Alongside his medical career, he engaged in agriculture, running his property Fundo Graciela de la Capellanía in Santa Cruz. He was also a member of the Chilean Medical Society.

=== Political career ===
Cancino joined the Social Christian Conservative Party in 1946, remaining until 1957, when he joined the Christian Democratic Party (PDC).

In the 1961 parliamentary elections, he was elected deputy for the 10th Departmental Group (San Fernando and Santa Cruz), serving until 1965. He sat on the Permanent Commission on Medical-Social Assistance and Hygiene (1961–1965) and on Finance (1962–1964). He was also part of investigative commissions on the National Health Service (1961–1962), copper (1962), the National Fund for Public Employees and Journalists (1962), and a constitutional accusation (1962–1963).

He was re-elected in 1965 for a second term (1965–1969). He presided over the Health Commission, and also served on Finance (1966–1967), Agriculture, Public Works (1967), the Joint Budget Commission (1962–1963, 1965–1966, 1967), Labor and Social Legislation (1967), Public Education, and National Defense (1968–1969).

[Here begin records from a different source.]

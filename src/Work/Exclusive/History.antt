-- ===== src/Work/Exclusive/History.antt =====
-- Histories of work events, and what every one of them keeps.
use fos_mono.Common.{
  ℕ, suc, ◌≤◌, String, Bool, true, false, List, [], ◌∷◌, ◌++◌, Option, none, some, ◌≡◌, refl, arith,
  length, length-append, find, select, not, ◌==◌, leb, Bool-cases, Option-cases, inl, inr,
  if◌then◌else◌,
}
use fos_mono.Work.{
  Scope, WorkClaim, is_live, work_claims, Actor, Rights, WorkEvent, status, release, renew, claim,
  submit, Answer, failed, claimed, not_allowed, not_outstanding, overlapping, too_many, is_own,
  active_with, drop_claim, renewed, any_overlaps, after, release_claim, renew_claim, make_claim,
  new_claim, work_event, dispatch_work,
}
use fos_mono.Work.Exclusive.{
  IsExclusive, IsNew, select-IsExclusive, length-select, snoc-IsExclusive, find-IsAlone,
  replace_claim-IsExclusive, length-replace_claim,
}

abbrev pub IsKept : List WorkClaim → Type 0
IsKept claims = IsExclusive claims × (length claims ≤ 256)

-- The claims to save, if there are any.
abbrev Saves : Option (List WorkClaim) → Type 0
Saves none = Unit
Saves (some claims) = IsKept claims

-- The id of a new claim is no other claim's.
abbrev pub HasNewId : WorkEvent → List WorkClaim → Type 0
HasNewId (claim id path) claims = IsNew id claims
HasNewId _ claims = Unit

select-IsKept :
    (p : WorkClaim → Bool) (claims : List WorkClaim) → IsKept claims → IsKept (select p claims)
select-IsKept p claims h =
    (select-IsExclusive p claims h.0, omega (arith, h.1, length-select p claims))

-- What is active with an id is a claim of the list.
active_with-find :
    (actor : Actor) (id : String) (claims : List WorkClaim) {c : WorkClaim}
    → active_with actor id claims ≡ some c
    → find (is_own actor) claims ≡ some c
unfolding active_with
active_with-find actor id claims {c} h = elim (Option-cases (find (is_own actor) claims)) [
  | inl absent ↦ absurd (ground arith)
  | inr (d, found) ↦ elim (Bool-cases (d.id == id)) [
    | inl same ↦ ground arith
    | inr other ↦ absurd (ground arith)
  ]
]

release_claim-Saves :
    (actor : Actor) (id : String) (claims : List WorkClaim)
    → IsKept claims
    → Saves (release_claim actor id claims).1
unfolding release_claim drop_claim
release_claim-Saves actor id claims h = elim (Option-cases (active_with actor id claims)) [
  | inl absent ↦ rw (absent, Saves) tt
  | inr (c, found) ↦ rw (found, Saves) (select-IsKept (λ d. not (d.id == c.id)) claims h)
]

renew_claim-Saves :
    (actor : Actor) (rights : Rights) (now : ℕ) (id : String) (claims : List WorkClaim)
    → IsKept claims
    → Saves (renew_claim actor rights now id claims).1
unfolding renew_claim
renew_claim-Saves actor rights now id claims h = elim (Option-cases (active_with actor id claims)) [
  | inl absent ↦ rw (absent, Saves) tt
  | inr (c, found) ↦ elim (Bool-cases (rights.can_renew (after (length actor.attachment) c.path))) [
    | inl can ↦
        let alone =
          find-IsAlone (is_own actor) claims h.0 (active_with-find actor id claims found) in
        rw (found, Saves)
          (rw (can, Saves)
            (
              replace_claim-IsExclusive now c claims alone h.0,
              omega (arith, h.1, length-replace_claim (renewed now c) claims),
            ))
    | inr cannot ↦ rw (found, Saves) (rw (cannot, Saves) tt)
  ]
]

-- The three guards of a new claim.
abbrev guarded : Bool → Bool → Bool → List WorkClaim → WorkClaim → Answer × Option (List WorkClaim)
guarded blocked overlaps full claims n =
    if blocked
    then (failed not_outstanding, none)
    else if overlaps
    then (failed overlapping, none)
    else if full
    then (failed too_many, none)
    else (claimed n, some (claims ++ (n ∷ [])))

guarded-Saves :
    (blocked overlaps full : Bool) (claims : List WorkClaim) (n : WorkClaim)
    → (overlaps ≡ false → full ≡ false → IsKept (claims ++ (n ∷ [])))
    → Saves (guarded blocked overlaps full claims n).1
guarded-Saves true o f claims n h = tt
guarded-Saves false true f claims n h = tt
guarded-Saves false false true claims n h = tt
guarded-Saves false false false claims n h = h refl refl

-- The guard of the rights to work.
abbrev permitted : Bool → Answer × Option (List WorkClaim) → Answer × Option (List WorkClaim)
permitted can r = if can then r else (failed not_allowed, none)

permitted-Saves :
    (can : Bool) (r : Answer × Option (List WorkClaim)) → Saves r.1 → Saves (permitted can r).1
permitted-Saves true r h = h
permitted-Saves false r h = tt

make_claim-Saves :
    (actor : Actor) (rights : Rights) (now : ℕ) (id : String) (path : Scope)
    (claims : List WorkClaim)
    → IsKept claims
    → IsNew id claims
    → Saves (make_claim actor rights now id path claims).1
unfolding make_claim new_claim
make_claim-Saves actor rights now id [] claims h new =
    elim (Option-cases (find (is_own actor) claims)) [
      | inl absent ↦ rw (absent, Saves) tt
      | inr (c, found) ↦ rw (found, Saves) tt
    ]
make_claim-Saves actor rights now id (p ∷ path) claims h new =
    elim (Option-cases (find (is_own actor) claims)) [
      | inr (c, found) ↦ rw (found, Saves) tt
      | inl absent ↦
          let n = new_claim actor rights now id (p ∷ path) in
          rw (absent, Saves)
            (guarded-Saves (not (rights.is_outstanding (p ∷ path)))
              (any_overlaps n.path n.branches claims) (leb 256 (length claims)) claims n
              (λ free few.
                let below : suc (length claims) ≤ 256 = ground arith in
                (
                  snoc-IsExclusive claims n h.0 new free,
                  omega (arith, below, length-append claims (n ∷ [])),
                )))
    ]

work_event-Saves :
    (actor : Actor) (rights : Rights) (now : ℕ) (event : WorkEvent) (claims : List WorkClaim)
    → IsKept claims
    → HasNewId event claims
    → Saves (work_event actor rights now event claims).1
unfolding work_event
work_event-Saves actor rights now status claims h new = tt
work_event-Saves actor rights now (release id) claims h new = release_claim-Saves actor id claims h
work_event-Saves actor rights now (submit id) claims h new = release_claim-Saves actor id claims h
work_event-Saves actor rights now (renew id) claims h new =
    permitted-Saves rights.can_work (renew_claim actor rights now id claims)
      (renew_claim-Saves actor rights now id claims h)
work_event-Saves actor rights now (claim id path) claims h new =
    permitted-Saves rights.can_work (make_claim actor rights now id path claims)
      (make_claim-Saves actor rights now id path claims h new)

-- What is stored after an answer.
abbrev stored_after : List WorkClaim → Answer × Option (List WorkClaim) → Answer × List WorkClaim
stored_after stored r = elim r.1 [ none ↦ (r.0, stored) | some next ↦ (r.0, next) ]

stored_after-IsKept :
    (stored : List WorkClaim) (a : Answer) (o : Option (List WorkClaim))
    → IsKept stored
    → Saves o
    → IsKept (stored_after stored (a, o)).1
stored_after-IsKept stored a none h saved = h
stored_after-IsKept stored a (some next) h saved = saved

dispatch_work-IsKept :
    (actor : Actor) (rights : Rights) (now : ℕ) (event : WorkEvent) (stored : List WorkClaim)
    → IsKept stored
    → HasNewId event (work_claims now stored)
    → IsKept (dispatch_work actor rights now event stored).1
unfolding dispatch_work work_claims
dispatch_work-IsKept actor rights now event stored h new =
    let r = work_event actor rights now event (select (is_live now) stored) in
    stored_after-IsKept stored r.0 r.1 h (
      work_event-Saves actor rights now event (select (is_live now) stored)
        (select-IsKept (is_live now) stored h) new)

-- What the store holds after a sequence of events, whoever sends them and whatever the graph says.
pub data History : List WorkClaim → Type 0 where
  start : History []
  step :
      (actor : Actor) (rights : Rights) (now : ℕ) (event : WorkEvent) {stored : List WorkClaim}
      → HasNewId event (work_claims now stored)
      → History stored
      → History (dispatch_work actor rights now event stored).1

-- After any sequence of claims, renewals, releases, submissions and status requests, in any order and
-- at any times, each new claim with an id that no live claim has, the store holds at most 256 claims,
-- no two with the same id, and no claim overlaps the path and branches of a later one.
pub History-IsKept : (stored : List WorkClaim) → History stored → IsKept stored
History-IsKept stored start = (tt, omega arith)
History-IsKept stored (step actor rights now event {stored = before} new history) =
    dispatch_work-IsKept actor rights now event before (History-IsKept before history) new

Among his sponsored bills were Law No. 15,565 (9 March 1964), which reformed the Municipal Workers’ Pension Fund, and Law No. 16,720 (12 December 1967), which created the National Blood Bank.

=== Later life and death ===
He continued his public involvement as Councillor of the Central Charity Board, representing the President of the Republic.

Cancino died at his family’s estate in Santa Cruz on 26 April 2011, aged 100.